* YOUR OBJECTIVE
Locate, in the data below, the line that contains "-- each other" and the line that contains "and the bodies"; reproduce exactly those two lines and every line between them, nothing more.

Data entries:
-.-.-

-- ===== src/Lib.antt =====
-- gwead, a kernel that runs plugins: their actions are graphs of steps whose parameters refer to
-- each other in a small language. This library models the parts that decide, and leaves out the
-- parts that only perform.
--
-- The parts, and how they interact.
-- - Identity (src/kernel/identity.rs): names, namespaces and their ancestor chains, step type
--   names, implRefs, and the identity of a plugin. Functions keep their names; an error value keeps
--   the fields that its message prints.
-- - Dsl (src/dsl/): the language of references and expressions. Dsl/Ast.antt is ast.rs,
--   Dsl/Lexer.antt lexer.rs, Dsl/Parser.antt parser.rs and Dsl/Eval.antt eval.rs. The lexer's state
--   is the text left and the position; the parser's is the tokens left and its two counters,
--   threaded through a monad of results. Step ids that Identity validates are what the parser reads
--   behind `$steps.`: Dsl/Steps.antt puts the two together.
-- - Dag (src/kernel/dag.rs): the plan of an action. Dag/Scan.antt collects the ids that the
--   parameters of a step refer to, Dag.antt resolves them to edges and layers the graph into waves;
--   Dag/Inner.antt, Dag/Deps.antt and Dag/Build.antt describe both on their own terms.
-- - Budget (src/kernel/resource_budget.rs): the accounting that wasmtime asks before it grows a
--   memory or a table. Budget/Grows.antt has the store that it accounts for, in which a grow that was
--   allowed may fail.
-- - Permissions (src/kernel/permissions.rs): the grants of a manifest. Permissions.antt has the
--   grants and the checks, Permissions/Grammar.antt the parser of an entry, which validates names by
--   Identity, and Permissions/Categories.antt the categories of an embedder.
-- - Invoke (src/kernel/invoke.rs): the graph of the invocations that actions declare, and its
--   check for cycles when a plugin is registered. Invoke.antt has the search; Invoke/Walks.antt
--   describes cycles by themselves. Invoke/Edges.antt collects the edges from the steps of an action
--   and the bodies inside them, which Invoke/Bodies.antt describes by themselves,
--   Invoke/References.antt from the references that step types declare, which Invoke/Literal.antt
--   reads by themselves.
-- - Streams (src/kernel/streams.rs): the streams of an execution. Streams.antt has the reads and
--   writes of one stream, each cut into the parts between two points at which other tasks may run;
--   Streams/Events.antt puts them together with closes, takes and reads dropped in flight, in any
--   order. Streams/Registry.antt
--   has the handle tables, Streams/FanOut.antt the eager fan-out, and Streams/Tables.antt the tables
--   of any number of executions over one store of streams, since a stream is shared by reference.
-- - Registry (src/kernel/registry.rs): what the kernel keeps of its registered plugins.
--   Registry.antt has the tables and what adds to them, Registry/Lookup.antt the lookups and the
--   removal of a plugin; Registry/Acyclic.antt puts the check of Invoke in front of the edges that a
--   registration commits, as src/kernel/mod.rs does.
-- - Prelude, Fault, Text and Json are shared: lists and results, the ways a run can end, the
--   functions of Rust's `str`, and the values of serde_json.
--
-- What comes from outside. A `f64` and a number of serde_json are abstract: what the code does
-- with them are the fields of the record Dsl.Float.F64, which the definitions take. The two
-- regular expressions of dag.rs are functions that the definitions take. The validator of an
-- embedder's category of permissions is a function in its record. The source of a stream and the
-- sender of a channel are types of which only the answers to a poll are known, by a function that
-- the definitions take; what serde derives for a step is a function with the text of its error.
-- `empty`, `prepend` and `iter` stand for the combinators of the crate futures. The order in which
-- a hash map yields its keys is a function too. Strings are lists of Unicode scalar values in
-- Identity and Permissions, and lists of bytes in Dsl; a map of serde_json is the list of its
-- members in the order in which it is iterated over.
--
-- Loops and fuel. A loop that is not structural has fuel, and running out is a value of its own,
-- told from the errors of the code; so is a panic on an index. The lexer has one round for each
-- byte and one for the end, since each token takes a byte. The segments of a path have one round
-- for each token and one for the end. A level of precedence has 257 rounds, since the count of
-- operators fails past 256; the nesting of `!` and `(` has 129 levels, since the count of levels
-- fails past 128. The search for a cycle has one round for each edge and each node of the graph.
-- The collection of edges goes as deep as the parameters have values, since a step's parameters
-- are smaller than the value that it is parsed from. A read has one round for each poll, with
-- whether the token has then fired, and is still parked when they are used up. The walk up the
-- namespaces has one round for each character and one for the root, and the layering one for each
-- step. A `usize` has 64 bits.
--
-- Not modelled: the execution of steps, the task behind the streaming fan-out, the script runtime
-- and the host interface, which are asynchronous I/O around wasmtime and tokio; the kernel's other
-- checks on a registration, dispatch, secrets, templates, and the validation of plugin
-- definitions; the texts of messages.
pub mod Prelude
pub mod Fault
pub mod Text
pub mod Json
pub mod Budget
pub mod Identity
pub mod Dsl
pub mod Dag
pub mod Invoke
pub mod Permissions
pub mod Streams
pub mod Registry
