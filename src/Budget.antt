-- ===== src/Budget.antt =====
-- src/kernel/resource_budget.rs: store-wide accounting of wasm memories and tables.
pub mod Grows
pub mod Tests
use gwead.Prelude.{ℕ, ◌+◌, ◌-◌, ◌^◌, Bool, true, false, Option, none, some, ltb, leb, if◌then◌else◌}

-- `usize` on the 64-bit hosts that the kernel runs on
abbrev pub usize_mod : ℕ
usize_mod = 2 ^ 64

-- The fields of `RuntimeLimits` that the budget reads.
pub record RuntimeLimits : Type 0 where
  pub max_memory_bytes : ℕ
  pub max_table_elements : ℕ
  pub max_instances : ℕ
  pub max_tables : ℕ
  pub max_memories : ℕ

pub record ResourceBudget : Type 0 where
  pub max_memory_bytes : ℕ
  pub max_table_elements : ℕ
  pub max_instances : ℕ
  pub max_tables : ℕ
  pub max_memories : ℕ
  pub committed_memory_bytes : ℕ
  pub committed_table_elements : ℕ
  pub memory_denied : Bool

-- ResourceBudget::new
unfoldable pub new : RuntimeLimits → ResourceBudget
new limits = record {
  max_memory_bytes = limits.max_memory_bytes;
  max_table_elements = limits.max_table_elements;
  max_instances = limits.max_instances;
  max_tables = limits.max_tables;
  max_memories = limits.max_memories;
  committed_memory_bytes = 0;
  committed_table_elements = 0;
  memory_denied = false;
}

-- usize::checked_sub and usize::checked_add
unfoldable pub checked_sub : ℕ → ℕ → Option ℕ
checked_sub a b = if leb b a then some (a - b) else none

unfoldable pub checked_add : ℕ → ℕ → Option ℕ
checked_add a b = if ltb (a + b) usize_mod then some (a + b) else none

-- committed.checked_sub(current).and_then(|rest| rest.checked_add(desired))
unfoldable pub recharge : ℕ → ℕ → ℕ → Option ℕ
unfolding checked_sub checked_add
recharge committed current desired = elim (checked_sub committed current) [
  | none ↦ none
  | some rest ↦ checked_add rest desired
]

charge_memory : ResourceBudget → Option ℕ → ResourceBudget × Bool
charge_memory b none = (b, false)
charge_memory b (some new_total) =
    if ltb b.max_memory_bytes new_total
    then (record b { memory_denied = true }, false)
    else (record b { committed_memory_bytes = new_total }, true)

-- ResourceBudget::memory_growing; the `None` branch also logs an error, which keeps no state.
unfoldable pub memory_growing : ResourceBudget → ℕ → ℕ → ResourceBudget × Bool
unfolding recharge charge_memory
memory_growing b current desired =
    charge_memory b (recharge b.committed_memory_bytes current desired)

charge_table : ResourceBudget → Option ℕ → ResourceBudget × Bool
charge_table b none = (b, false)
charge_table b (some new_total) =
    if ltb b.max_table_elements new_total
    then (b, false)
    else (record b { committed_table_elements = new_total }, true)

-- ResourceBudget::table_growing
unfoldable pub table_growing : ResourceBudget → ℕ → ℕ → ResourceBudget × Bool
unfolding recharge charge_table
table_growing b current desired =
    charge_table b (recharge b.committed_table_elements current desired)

-.-.-

* ANSWER SPACE
-- each other in a small language. This library models the parts that decide, and leaves out the
-- parts that only perform.
--
-- The parts, and how they interact.
-- - Identity (src/kernel/identity.rs): names, namespaces and their ancestor chains, step type
--   names, implRefs, and the identity of a plugin. Functions keep their names; an error value keeps
--   the fields that its message prints.
-- - Dsl (src/dsl/): the language of references and expressions. Dsl/Ast.antt is ast.rs,
--   Dsl/Lexer.antt lexer.rs, Dsl/Parser.antt parser.rs and Dsl/Eval.antt eval.rs. The lexer's state
--   is the text left and the position; the parser's is the tokens left and its two counters,
--   threaded through a monad of results. Step ids that Identity validates are what the parser reads
--   behind `$steps.`: Dsl/Steps.antt puts the two together.
-- - Dag (src/kernel/dag.rs): the plan of an action. Dag/Scan.antt collects the ids that the
--   parameters of a step refer to, Dag.antt resolves them to edges and layers the graph into waves;
--   Dag/Inner.antt, Dag/Deps.antt and Dag/Build.antt describe both on their own terms.
-- - Budget (src/kernel/resource_budget.rs): the accounting that wasmtime asks before it grows a
--   memory or a table. Budget/Grows.antt has the store that it accounts for, in which a grow that was
--   allowed may fail.
-- - Permissions (src/kernel/permissions.rs): the grants of a manifest. Permissions.antt has the
--   grants and the checks, Permissions/Grammar.antt the parser of an entry, which validates names by
--   Identity, and Permissions/Categories.antt the categories of an embedder.
-- - Invoke (src/kernel/invoke.rs): the graph of the invocations that actions declare, and its
--   check for cycles when a plugin is registered. Invoke.antt has the search; Invoke/Walks.antt
--   describes cycles by themselves. Invoke/Edges.antt collects the edges from the steps of an action
--   and the bodies inside them, which Invoke/Bodies.antt describes by themselves,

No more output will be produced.